MONTGOMERY — Active doctors have malpractice insurance but not much time to volunteer. Retired doctors have the time but not the insurance.

But a bill in the Legislature would help doctors who volunteer for free clinics get malpractice insurance, encouraging retired physicians to donate their time.

“If it comes to volunteering or losing the house (because of a lawsuit), they might choose to keep the house,” said Sen. Arthur Orr, R-Decatur, who hopes the bill he introduced Thursday will help.

Orr helped found the Community Free Clinic of Decatur/Morgan County, which he describes as a “real success story.” He still serves on its board.

Orr’s bill would provide retired physicians with state liability coverage through the Alabama Department of Public Health and the state’s risk-management pool. If a patient sued a doctor who treated him at a free health clinic, the state liability insurance would provide the doctor’s defense, Orr said.

At $348 per physician, liability coverage for the 25 to 40 retired doctors in the state who volunteer at free clinics would cost the state between $7,000 and $14,000 per year, Orr said.

Untested law

Orr said Alabama has a Good Samaritan law intended to protect volunteers in such situations, but there hasn’t been a court case involving a doctor to test it.

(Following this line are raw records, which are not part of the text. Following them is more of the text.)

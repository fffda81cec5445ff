-- ===== src/Tests/Limits.antt =====
-- A rate limiter, a feature flag and an outbox at concrete times.
use mathlib.Core.List.Memᴰ
use multi_tenant_collaborati.Common.{
  ℕ, inl, inr, ◌-◌, ◌*◌, ◌≤◌, ◌≡◌, refl, true, none, some, List, [], ◌∷◌, arith, length,
}
use multi_tenant_collaborati.RateLimit.{RateLimiter, replies, command_errors, rejected}
use multi_tenant_collaborati.RateLimit.Window.{
  no_requests, count_in_window, allowed_times, requested_times, window_limited,
}
use multi_tenant_collaborati.FeatureFlag.{CreateFlagData, UpdateFlagData}
use multi_tenant_collaborati.FeatureFlag.Coherence.{IsTable}
use multi_tenant_collaborati.FeatureFlag.Refines.{created_flags, create_flag-IsTable}
use multi_tenant_collaborati.FeatureFlag.Replay.{
  FlagOp, ask, update, reload, answers, answers_on_table, no_caches, caches_invisible,
}
use multi_tenant_collaborati.Outbox.{
  OutboxEventRow, pending, PollerState, poll_cycle, loop, next_batch, poll_events, publish_batch,
  publish_all, mark_published,
}
use multi_tenant_collaborati.Outbox.Sent.{AllSent, OutboxStep, cycle, insert, run, run-AllSent}
use multi_tenant_collaborati.Outbox.Drained.{
  all_up, pending_count, AllDue, poll_cycles, poll_cycles-drain,
}
use multi_tenant_collaborati.Outbox.Lock.{full_batch_waits}

abbrev two_a_second : RateLimiter
two_a_second = record { limit = 2; window_ms = 1000 }

abbrev burst : List (ℕ × ℕ)
burst = (7, 10) ∷ (8, 11) ∷ (7, 12) ∷ (7, 13) ∷ (7, 1011) ∷ []

window_limited_example :
    (count_in_window 1000 1011 (allowed_times two_a_second replies 7 burst no_requests []) ≤ 2)
    × (count_in_window 1000 1011 (allowed_times two_a_second rejected 7 burst no_requests []) ≤ 2)
    × (allowed_times two_a_second command_errors 7 burst no_requests []
        ≡ requested_times 7 burst [])
window_limited_example = window_limited two_a_second 7 burst (omega arith) (omega arith) 1011

abbrev webhooks_flag : CreateFlagData
webhooks_flag = record {
  key = 4;
  is_globally_enabled = none;
  description = none;
  enabled_org_ids = some (1 ∷ []);
  disabled_org_ids = none;
}

no_rows-IsTable : IsTable []
no_rows-IsTable = record {
  by_id = λ a b ma mb e. absurd (Memᴰ.not-nil ma);
  by_key = λ a b ma mb e. absurd (Memᴰ.not-nil ma);
}

abbrev disable : UpdateFlagData
disable = record {
  is_globally_enabled = none;
  enabled_org_ids = some [];
  disabled_org_ids = none;
  description = none;
}

abbrev flag_ops : List (ℕ × FlagOp)
flag_ops = (5, ask 1 4) ∷ (6, update 9 disable) ∷ (7, ask 1 4) ∷ (8, reload) ∷ (9, ask 2 6) ∷ []

caches_invisible_example :
    answers flag_ops (no_caches (created_flags 9 5 webhooks_flag []))
    ≡ answers_on_table flag_ops (created_flags 9 5 webhooks_flag [])
caches_invisible_example =
    caches_invisible flag_ops (created_flags 9 5 webhooks_flag [])
      (create_flag-IsTable 9 5 webhooks_flag [] no_rows-IsTable)

abbrev event : ℕ → OutboxEventRow
event n = record { id = n; status = pending; occurred_at = n; published_at = none }

abbrev backlog : PollerState
backlog = record { lock = none; rows = event 1 ∷ event 2 ∷ event 3 ∷ []; channel = [] }

backlog-AllSent : AllSent backlog
backlog-AllSent row m e = elim (Memᴰ.cases_cons m) [
  | inl a ↦ absurd (ground arith)
  | inr l ↦ elim (Memᴰ.cases_cons l) [
    | inl a ↦ absurd (ground arith)
    | inr k ↦ let last = Memᴰ.eq_of_singleton k in absurd (ground arith)
  ]
]

abbrev outbox_steps : List OutboxStep
outbox_steps = cycle all_up 500 2 ∷ insert 4 501 ∷ cycle all_up 11000 2 ∷ []

run-AllSent_example : AllSent (run outbox_steps backlog)
run-AllSent_example = run-AllSent outbox_steps backlog backlog-AllSent

backlog-AllDue : AllDue 500 backlog.rows
backlog-AllDue row m p = elim (Memᴰ.cases_cons m) [
  | inl a ↦ ground arith
  | inr l ↦ elim (Memᴰ.cases_cons l) [
    | inl a ↦ ground arith
    | inr k ↦ let last = Memᴰ.eq_of_singleton k in ground arith
  ]
]

poll_cycles-drain_example :
    pending_count (poll_cycles 2 (500 ∷ 10500 ∷ []) backlog).rows
    ≤ pending_count backlog.rows - length {A = ℕ} (500 ∷ 10500 ∷ []) * 2
poll_cycles-drain_example =
    poll_cycles-drain 2 500 (500 ∷ 10500 ∷ []) backlog (omega arith) (λ now le. refl) backlog-AllDue

full_cycle : (poll_cycle all_up 500 2 backlog).0 ≡ some true
unfolding poll_cycle poll_events publish_batch publish_all next_batch mark_published
full_cycle = refl

full_batch_waits_example :
    let after = (poll_cycle all_up 500 2 backlog).1 in
    (loop all_up 500 30 2 0 backlog ≡ (540, 0, after))
    × (loop all_up 540 20 2 0 after ≡ (5560, 0, after))
    × (loop all_up 5560 10 2 0 after ≡ (10570, 0, after))
full_batch_waits_example =
    full_batch_waits all_up 500 30 20 10 2 0 backlog refl refl full_cycle (omega arith)
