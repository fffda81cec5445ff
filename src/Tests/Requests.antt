-- ===== src/Tests/Requests.antt =====
-- A counter behind the idempotency middleware.
use multi_tenant_collaborati.Common.{ℕ, ◌+◌, ◌≡◌, refl, none, some, [], arith}
use multi_tenant_collaborati.Idempotency.{IdempotencyRecord, Response, middleware}
use multi_tenant_collaborati.Idempotency.Replay.{replay}

abbrev count_up : ℕ → Response × ℕ
count_up n = (record { status = 201; body = "created" }, n + 1)

replay_example :
    let (r, rows', s') = middleware count_up 10 3 [] 0 in
    (r ≡ (count_up 0).0) × (s' ≡ 1) × (middleware count_up 20 3 rows' s' ≡ (r, rows', s'))
replay_example = replay count_up 10 20 3 [] 0 refl (ground arith)

abbrev old_key : IdempotencyRecord
old_key = record { key_hash = 3; response_status = some 201; response_body = none; expires_at = 5 }
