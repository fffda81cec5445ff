-- ===== src/Tests/Tasks.antt =====
-- A small workspace: a task with a subtask, a second task, and requests on them.
use multi_tenant_collaborati.Common.{
  ℕ, ◌≤◌, ◌≡◌, ◌≢◌, ◌⊎◌, inl, inr, ◌↔◌, refl, true, false, Option, none, some, List, [], ◌∷◌, Memᴰ,
  arith, ok,
}
use mathlib.Core.List.Memᴰ
use multi_tenant_collaborati.Organization.Membership.{find_membership}
use multi_tenant_collaborati.Task.Row.{TaskRow, TaskDb, todo, in_progress, medium, UpdateTaskData}
use multi_tenant_collaborati.Task.Repository.{find_by_id, find_in_org, apply_update, update}
use multi_tenant_collaborati.Task.Service.{
  CreateTaskInput, UpdateTaskInput, update_task, update_row, follow_up, delete_task, may_not_change,
  is_org_admin, allowed_transition, replace_assignees, bad_transition, enqueue_recurring,
}
use multi_tenant_collaborati.Task.Dependency.{
  would_create_cycle, add_dependency, check_dependency, insert_dependency, new_dependency,
}
use multi_tenant_collaborati.Task.Dependency.Graph.{Reach, here, step, Edge-nil, IsAcyclic}
use multi_tenant_collaborati.Task.Dependency.Search.{would_create_cycle_decides}
use multi_tenant_collaborati.Task.Dependency.Acyclic.{AllAcyclic}
use multi_tenant_collaborati.Task.Dependency.Allowed.{
  IsAllowed, add_dependency_iff, concurrent_dependencies_cycle,
}
use multi_tenant_collaborati.Task.Invariant.{IsWellFormed, IsParent}
use multi_tenant_collaborati.Task.Invariant.Create.{IsFresh}
use multi_tenant_collaborati.Task.Invariant.Cascade.{IsCascaded}
use multi_tenant_collaborati.Task.Invariant.Delete.{delete_task_cascades}
use multi_tenant_collaborati.Task.Workflow.{update_task_once, update_task_authorised}

abbrev pub task : ℕ → Option ℕ → ℕ → TaskRow
task number under level = record {
  id = number;
  org_id = 1;
  workspace_id = 3;
  board_id = none;
  parent_task_id = under;
  depth = level;
  title = "write";
  description = none;
  status = todo;
  priority = medium;
  creator_id = 7;
  due_date = none;
  completed_at = none;
  is_recurring = false;
  recurrence_rule = none;
  recurrence_parent_id = none;
  template_id = none;
  labels = [];
  attachments_count = 0;
  deleted_at = none;
  created_at = 1;
  updated_at = 1;
  version = 1;
}

abbrev pub world : TaskDb
world = record {
  tasks = task 11 (some 10) 1 ∷ task 10 none 0 ∷ [];
  assignees = [];
  dependencies = [];
  memberships = [];
  outbox = [];
  activity = [];
  audit = [];
  recurring_jobs = [];
}

in_two : (t a b : TaskRow) → Memᴰ t (a ∷ b ∷ []) → (t ≡ a) ⊎ (t ≡ b)
in_two t a b m = elim (Memᴰ.cases_cons m) [ inl e ↦ inl e | inr l ↦ inr (Memᴰ.eq_of_singleton l) ]

abbrev pub world_tasks : List TaskRow
world_tasks = world.tasks

world-IsParent :
    (t : TaskRow) (p : ℕ)
    → Memᴰ t world_tasks
    → t.parent_task_id ≡ some p
    → IsParent world_tasks p t
world-IsParent t p m e = elim (in_two t _ _ m) [
  | inl is_child ↦ record {
    row = task 10 none 0;
    listed = Memᴰ.tail (Memᴰ.head refl);
    live = refl;
    id = ground arith;
    org = ground arith;
    level = ground arith;
  }
  | inr is_root ↦ absurd (ground arith)
]

world_unique : (t u : TaskRow) → Memᴰ t world_tasks → Memᴰ u world_tasks → t.id ≡ u.id → t ≡ u
world_unique t u m k e = elim (in_two t _ _ m) [
  | inl a ↦ elim (in_two u _ _ k) [ inl b ↦ rw (a, b) refl | inr b ↦ absurd (ground arith) ]
  | inr a ↦ elim (in_two u _ _ k) [ inl b ↦ absurd (ground arith) | inr b ↦ rw (a, b) refl ]
]

world_bounded : (t : TaskRow) → Memᴰ t world_tasks → t.depth ≤ 2
world_bounded t m = elim (in_two t _ _ m) [ inl a ↦ ground arith | inr b ↦ ground arith ]

pub world-IsWellFormed : IsWellFormed world_tasks
world-IsWellFormed = record {
  unique = world_unique;
  bounded = λ t m live. world_bounded t m;
  nested = λ t p m live e. world-IsParent t p m e;
}

abbrev pub subtask_input : CreateTaskInput
subtask_input = record {
  workspace_id = 3;
  board_id = none;
  parent_task_id = some 11;
  title = "review";
  description = none;
  status = none;
  priority = none;
  due_date = none;
  is_recurring = none;
  recurrence_rule = none;
  template_id = none;
  labels = none;
  assignee_ids = [];
}

pub twelve-IsFresh : IsFresh 12 world_tasks
twelve-IsFresh t m e = elim (in_two t _ _ m) [ inl a ↦ ground arith | inr b ↦ ground arith ]

abbrev no_changes : UpdateTaskData
no_changes = record {
  title = none;
  description = none;
  status = none;
  priority = none;
  due_date = none;
  board_id = none;
  labels = none;
  is_recurring = none;
  recurrence_rule = none;
}

abbrev pub start_work : UpdateTaskInput
start_work = record {
  changes = record no_changes { status = some in_progress };
  assignee_ids = none;
  version = 1;
}

abbrev assign_nobody : UpdateTaskInput
assign_nobody = record { changes = no_changes; assignee_ids = some []; version = 1 }

abbrev started : TaskRow
started = apply_update 5 start_work.changes (task 10 none 0)

start_succeeds : (update_task 5 1 10 7 start_work world).0 ≡ ok started
unfolding update_task update_row update follow_up find_in_org find_by_id may_not_change
    bad_transition allowed_transition replace_assignees find_membership apply_update
    enqueue_recurring
start_succeeds = refl

update_task_once_example :
    (update_task 6 1 10 7 start_work (update_task 5 1 10 7 start_work world).1).0 ≢ ok started
update_task_once_example =
    update_task_once 5 6 1 10 7 7 start_work start_work world started started refl refl refl
      start_succeeds

update_task_authorised_example :
    (existing : TaskRow) × (find_by_id 10 world_tasks ≡ some existing)
    × (existing.org_id ≡ 1)
    × ((existing.creator_id ≡ 7) ⊎ (is_org_admin (find_membership 1 7 []) ≡ true))
    × ((in_progress ≡ existing.status) ⊎ (allowed_transition existing.status in_progress ≡ true))
unfolding apply_update
update_task_authorised_example =
    update_task_authorised 5 1 10 7 start_work world started world-IsWellFormed start_succeeds

root_found : find_in_org 1 10 world ≡ (ok (task 10 none 0), world)
unfolding find_in_org find_by_id
root_found = refl

root_owned : may_not_change 1 7 (task 10 none 0) [] ≡ false
unfolding may_not_change
root_owned = refl

delete_task_cascades_example :
    ((delete_task 5 1 10 7 world).0 ≡ ok tt)
    × IsCascaded 5 1 10 world_tasks (delete_task 5 1 10 7 world).1.tasks
delete_task_cascades_example =
    delete_task_cascades 5 1 10 7 (task 10 none 0) world world-IsWellFormed root_found root_owned

would_create_cycle_decides_example :
    (would_create_cycle 1 11 10 (new_dependency 40 5 1 10 11 7 ∷ []) ≡ some true)
      × Reach 1 (new_dependency 40 5 1 10 11 7 ∷ []) 10 11
    ⊎ (would_create_cycle 1 11 10 (new_dependency 40 5 1 10 11 7 ∷ []) ≡ some false)
      × (¬ Reach 1 (new_dependency 40 5 1 10 11 7 ∷ []) 10 11)
would_create_cycle_decides_example =
    would_create_cycle_decides 1 11 10 (new_dependency 40 5 1 10 11 7 ∷ [])

pub world-AllAcyclic : AllAcyclic world
world-AllAcyclic org u v e r = Edge-nil org u v e

abbrev linked : TaskDb
linked = record world { dependencies = new_dependency 40 5 1 10 11 7 ∷ [] }

no-Reach : {u v : ℕ} → u ≢ v → ¬ Reach 1 [] u v
no-Reach differ here = differ refl
no-Reach differ (step r e) = Edge-nil 1 _ _ e

ten_to_eleven : IsAllowed 1 10 11 world
unfolding find_by_id
ten_to_eleven = record {
  differ = ground arith;
  first = task 10 none 0;
  second = task 11 (some 10) 1;
  first_found = refl;
  second_found = refl;
  first_org = refl;
  second_org = refl;
  workspace = refl;
  free = no-Reach (ground arith);
}

eleven_to_ten : IsAllowed 1 11 10 world
unfolding find_by_id
eleven_to_ten = record {
  differ = ground arith;
  first = task 11 (some 10) 1;
  second = task 10 none 0;
  first_found = refl;
  second_found = refl;
  first_org = refl;
  second_org = refl;
  workspace = refl;
  free = no-Reach (ground arith);
}

linked_by_request :
    add_dependency 40 5 1 10 11 7 world ≡ (ok (new_dependency 40 5 1 10 11 7), linked)
linked_by_request = (add_dependency_iff 40 5 1 10 11 7 world).0.1 ten_to_eleven

add_dependency_iff_example :
    ((add_dependency 40 5 1 10 11 7 world ≡ (ok (new_dependency 40 5 1 10 11 7), linked))
      ↔ IsAllowed 1 10 11 world)
    × ((¬ IsAllowed 1 10 11 world) → (add_dependency 40 5 1 10 11 7 world).1 ≡ world)
add_dependency_iff_example = add_dependency_iff 40 5 1 10 11 7 world

concurrent_dependencies_cycle_example :
    let first = insert_dependency (new_dependency 40 5 1 10 11 7) world in
    let second = insert_dependency (new_dependency 41 5 1 11 10 8) first.1 in
    (check_dependency 1 10 11 world ≡ (ok tt, world))
    × (check_dependency 1 11 10 world ≡ (ok tt, world))
    × (¬ IsAcyclic 1 second.1.dependencies)
concurrent_dependencies_cycle_example =
    concurrent_dependencies_cycle 40 41 5 5 1 10 11 7 8 world ten_to_eleven eleven_to_ten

State Health Officer Dr. Don Williamson and Dickie Whittaker, director of the Medical Association of the State of Alabama, gave input for the bill, which Orr hopes will make health care more accessible.

The bill calls for the Department of Public Health to keep a list of doctors who are eligible for the coverage.

For people who have too much income for Medicaid but not enough money to buy health insurance, which often includes the working poor, free clinics provide regular medical care for little or no cost. Volunteer physicians are key to providing that care.

When uninsured sick people go to the emergency room, often with symptoms made worse because they put off seeing the doctor, then the problem is worse and the cost is often hundreds or thousands of dollars more than in a doctor’s office.

Often, hospitals and taxpayers pay for people who cannot pay, making the prospect of state-provided liability coverage appealing to state health officials. With more volunteer doctors, free clinics could see more patients, provide ongoing health tracking, and help reduce the number of people using expensive emergency room care in place of a family doctor.